Source records Block Start
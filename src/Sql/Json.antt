-- ===== src/Sql/Json.antt =====
-- `JsonQuote` and `JsonArray` of src/core/sql_utils.cpp, and the reader of the same texts in
-- src/core/refresh_metadata.cpp. A position in a text is the rest of the text from there on.
use openivm.Base.{
  ℕ, Bool, true, false, List, [], ◌∷◌, ◌++◌, Option, none, some, Bytes, codes, ◌==◌, ◌||◌,
  if◌then◌else◌,
}
use openivm.Sql.Chars.{double_quote, backslash, newline, letter_n}

unfoldable pub escape_json : Bytes → Bytes
escape_json [] = []
escape_json (c ∷ s) =
    let rest = escape_json s in
    if (c == double_quote) || (c == backslash)
    then backslash ∷ c ∷ rest
    else if c == newline
    then backslash ∷ letter_n ∷ rest
    else c ∷ rest

unfoldable pub json_quote : Bytes → Bytes
unfolding escape_json
json_quote value = double_quote ∷ escape_json value ++ double_quote ∷ []

-- the values of an array after the first
unfoldable pub json_rest : List Bytes → Bytes
unfolding json_quote
json_rest [] = codes "]"
json_rest (v ∷ vs) = codes "," ++ json_quote v ++ json_rest vs

unfoldable pub json_array : List Bytes → Bytes
unfolding json_quote json_rest
json_array [] = codes "[" ++ codes "]"
json_array (v ∷ vs) = codes "[" ++ json_quote v ++ json_rest vs

-- The text after a prefix, if it has the prefix.
unfoldable pub after_prefix : Bytes → Bytes → Option Bytes
after_prefix [] s = some s
after_prefix (c ∷ p) [] = none
after_prefix (c ∷ p) (d ∷ s) = let rest = after_prefix p s in if c == d then rest else none

abbrev pub or_else : Option Bytes → Option Bytes → Option Bytes
or_else none later = later
or_else (some rest) later = some rest

-- `json.find(needle)`, and past it.
unfoldable pub after_first : Bytes → Bytes → Option Bytes
unfolding after_prefix
after_first needle [] = after_prefix needle []
after_first needle (c ∷ s) =
    let later = after_first needle s in or_else (after_prefix needle (c ∷ s)) later

-- What the loop of `ExtractJsonString` does with the escaped character.
unfoldable pub unescape : ℕ → ℕ
unescape c = if c == letter_n then newline else c

-- a character in front of a value that was read
unfoldable pub put : ℕ → Option Bytes → Option Bytes
put c none = none
put c (some v) = some (c ∷ v)

-- The loop of `ExtractJsonString`; the flag is that the character before is a backslash.
unfoldable pub read_string : Bool → Bytes → Option Bytes
unfolding put unescape
read_string escaped [] = none
read_string true (c ∷ s) = put (unescape c) (read_string false s)
read_string false (c ∷ s) =
    let rest = read_string (c == backslash) s in
    if c == backslash then rest else if c == double_quote then some [] else put c rest

unfoldable pub key_needle : Bytes → Bytes
key_needle key = double_quote ∷ key ++ codes "\":\""

abbrev pub read_value : Option Bytes → Option Bytes
read_value none = none
read_value (some rest) = read_string false rest

-- `ExtractJsonString`
unfoldable pub extract_json_string : Bytes → Bytes → Option Bytes
unfolding key_needle
extract_json_string json key = read_value (after_first (key_needle key) json)

-- Where the loop of `ExtractJsonStringArray` stands: between the values, in one, or after a
-- backslash in one.
pub data ArrayState : Type 0 where
  between inside escaped : ArrayState

unfoldable pub next_state : ArrayState → ℕ → ArrayState
next_state between c = if c == double_quote then inside else between
next_state inside c =
    if c == backslash then escaped else if c == double_quote then between else inside
next_state escaped c = inside

-- The rest of the value that is being read, and the values after it.
pub record Elements : Type 0 where
  pub value : Bytes
  pub values : List Bytes

abbrev no_elements : Elements
no_elements = record { value = []; values = [] }

-- What a character does to what the text after it holds.
unfoldable pub read_element : ArrayState → ℕ → Elements → Elements
read_element between c e =
    if c == 93
    then no_elements
    else if c == double_quote
    then record { value = []; values = e.value ∷ e.values }
    else e
read_element inside c e =
    if c == backslash
    then e
    else if c == double_quote
    then record { value = []; values = e.values }
    else record { value = c ∷ e.value; values = e.values }
read_element escaped c e = record { value = c ∷ e.value; values = e.values }

-- The loop of `ExtractJsonStringArray`.
unfoldable pub read_array : ArrayState → Bytes → Elements
unfolding read_element next_state
read_array escaped [] = record { value = backslash ∷ []; values = [] }
read_array state [] = no_elements
read_array state (c ∷ s) = read_element state c (read_array (next_state state c) s)

-- `ExtractJsonStringArray`
unfoldable pub extract_json_string_array : Bytes → Bytes → Option (List Bytes)
extract_json_string_array json key = elim (after_first (double_quote ∷ key ++ codes "\":[") json) [
  | none ↦ none
  | some rest ↦ some (read_array between rest).values
]
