-- ===== src/Sql/Split.antt =====
-- `SplitSQLStatements` of src/core/sql_utils.cpp. A position in the text is the rest of the text
-- from there on; which characters are spaces is the C library's, and a parameter.
use openivm.Base.{
  ℕ, Bool, true, false, ◌&&◌, not, List, [], ◌∷◌, Bytes, ◌==◌, is_empty, if◌then◌else◌,
}
use openivm.Sql.Chars.{quote, double_quote, newline}

-- Which of the flags `in_...` is set.
pub data Mode : Type 0 where
  plain in_single_quote in_double_quote in_line_comment in_block_comment : Mode

pub record Scan : Type 0 where
  pub mode : Mode
  pub skip : Bool  -- the loop has stepped past the next character

abbrev pub at : Mode → Bool → Scan
at mode skip = record { mode = mode; skip = skip }

-- One turn of the loop, without the split: the flags and whether `i++` is done twice.
unfoldable pub step : Mode → ℕ → ℕ → Scan
step in_line_comment c next = at (if c == newline then plain else in_line_comment) false
step in_block_comment c next =
    let ends = (c == 42) && (next == 47) in at (if ends then plain else in_block_comment) ends
step in_single_quote c next =
    let doubled = (c == quote) && (next == quote) in
    at (if (c == quote) && not doubled then plain else in_single_quote) doubled
step in_double_quote c next =
    let doubled = (c == double_quote) && (next == double_quote) in
    at (if (c == double_quote) && not doubled then plain else in_double_quote) doubled
step plain c next =
    if (c == 45) && (next == 45)
    then at in_line_comment true
    else if (c == 47) && (next == 42)
    then at in_block_comment true
    else if c == quote
    then at in_single_quote false
    else if c == double_quote
    then at in_double_quote false
    else at plain false

-- `next` of the loop: the character after the current one, or 0 at the end.
abbrev pub peek : Bytes → ℕ
peek [] = 0
peek (c ∷ s) = c

abbrev pub advance : Scan → ℕ → ℕ → Scan
advance scan c next = if scan.skip then at scan.mode false else step scan.mode c next

abbrev pub is_plain : Mode → Bool
is_plain plain = true
is_plain _ = false

-- Whether the loop splits at a character.
unfoldable pub splits_at : Scan → ℕ → Bool
splits_at scan c = is_plain scan.mode && not scan.skip && (c == 59)

abbrev pub add_first : ℕ → List Bytes → List Bytes
add_first c [] = (c ∷ []) ∷ []
add_first c (p ∷ ps) = (c ∷ p) ∷ ps

-- The pieces between the semicolons that split, before they are trimmed.
unfoldable pub pieces : Scan → Bytes → List Bytes
unfolding step splits_at
pieces scan [] = [] ∷ []
pieces scan (c ∷ s) =
    let rest = pieces (advance scan c (peek s)) s in
    if splits_at scan c then [] ∷ rest else add_first c rest

module _ (is_space : ℕ → Bool) where
  unfoldable pub trim_start : Bytes → Bytes
  trim_start [] = []
  trim_start (c ∷ s) = let rest = trim_start s in if is_space c then rest else c ∷ s

  unfoldable pub trim_end : Bytes → Bytes
  trim_end [] = []
  trim_end (c ∷ s) = let rest = trim_end s in if is_space c && is_empty rest then [] else c ∷ rest

  -- `TrimSQLFragment`
  unfoldable pub trim_sql_fragment : Bytes → Bytes
  unfolding trim_start trim_end
  trim_sql_fragment s = trim_end (trim_start s)

  -- The pieces that are not empty once trimmed.
  unfoldable pub statements_of : List Bytes → List Bytes
  statements_of [] = []
  statements_of (p ∷ ps) =
      let rest = statements_of ps in
      let statement = trim_sql_fragment p in if is_empty statement then rest else statement ∷ rest

  -- `SqlUtils::SplitSQLStatements`
  unfoldable pub split_sql_statements : Bytes → List Bytes
  unfolding statements_of
  split_sql_statements sql = statements_of (pieces (at plain false) sql)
Source records Block End
◆ **Task to carry out**
Above are some records; copy exactly the lines from the one with "json_array (v ∷" through the one with "after_prefix (c ∷ p) [] = none", both included, and no others.

◆ **Written reply**
json_array (v ∷ vs) = codes "[" ++ json_quote v ++ json_rest vs

-- The text after a prefix, if it has the prefix.
unfoldable pub after_prefix : Bytes → Bytes → Option Bytes
after_prefix [] s = some s
after_prefix (c ∷ p) [] = none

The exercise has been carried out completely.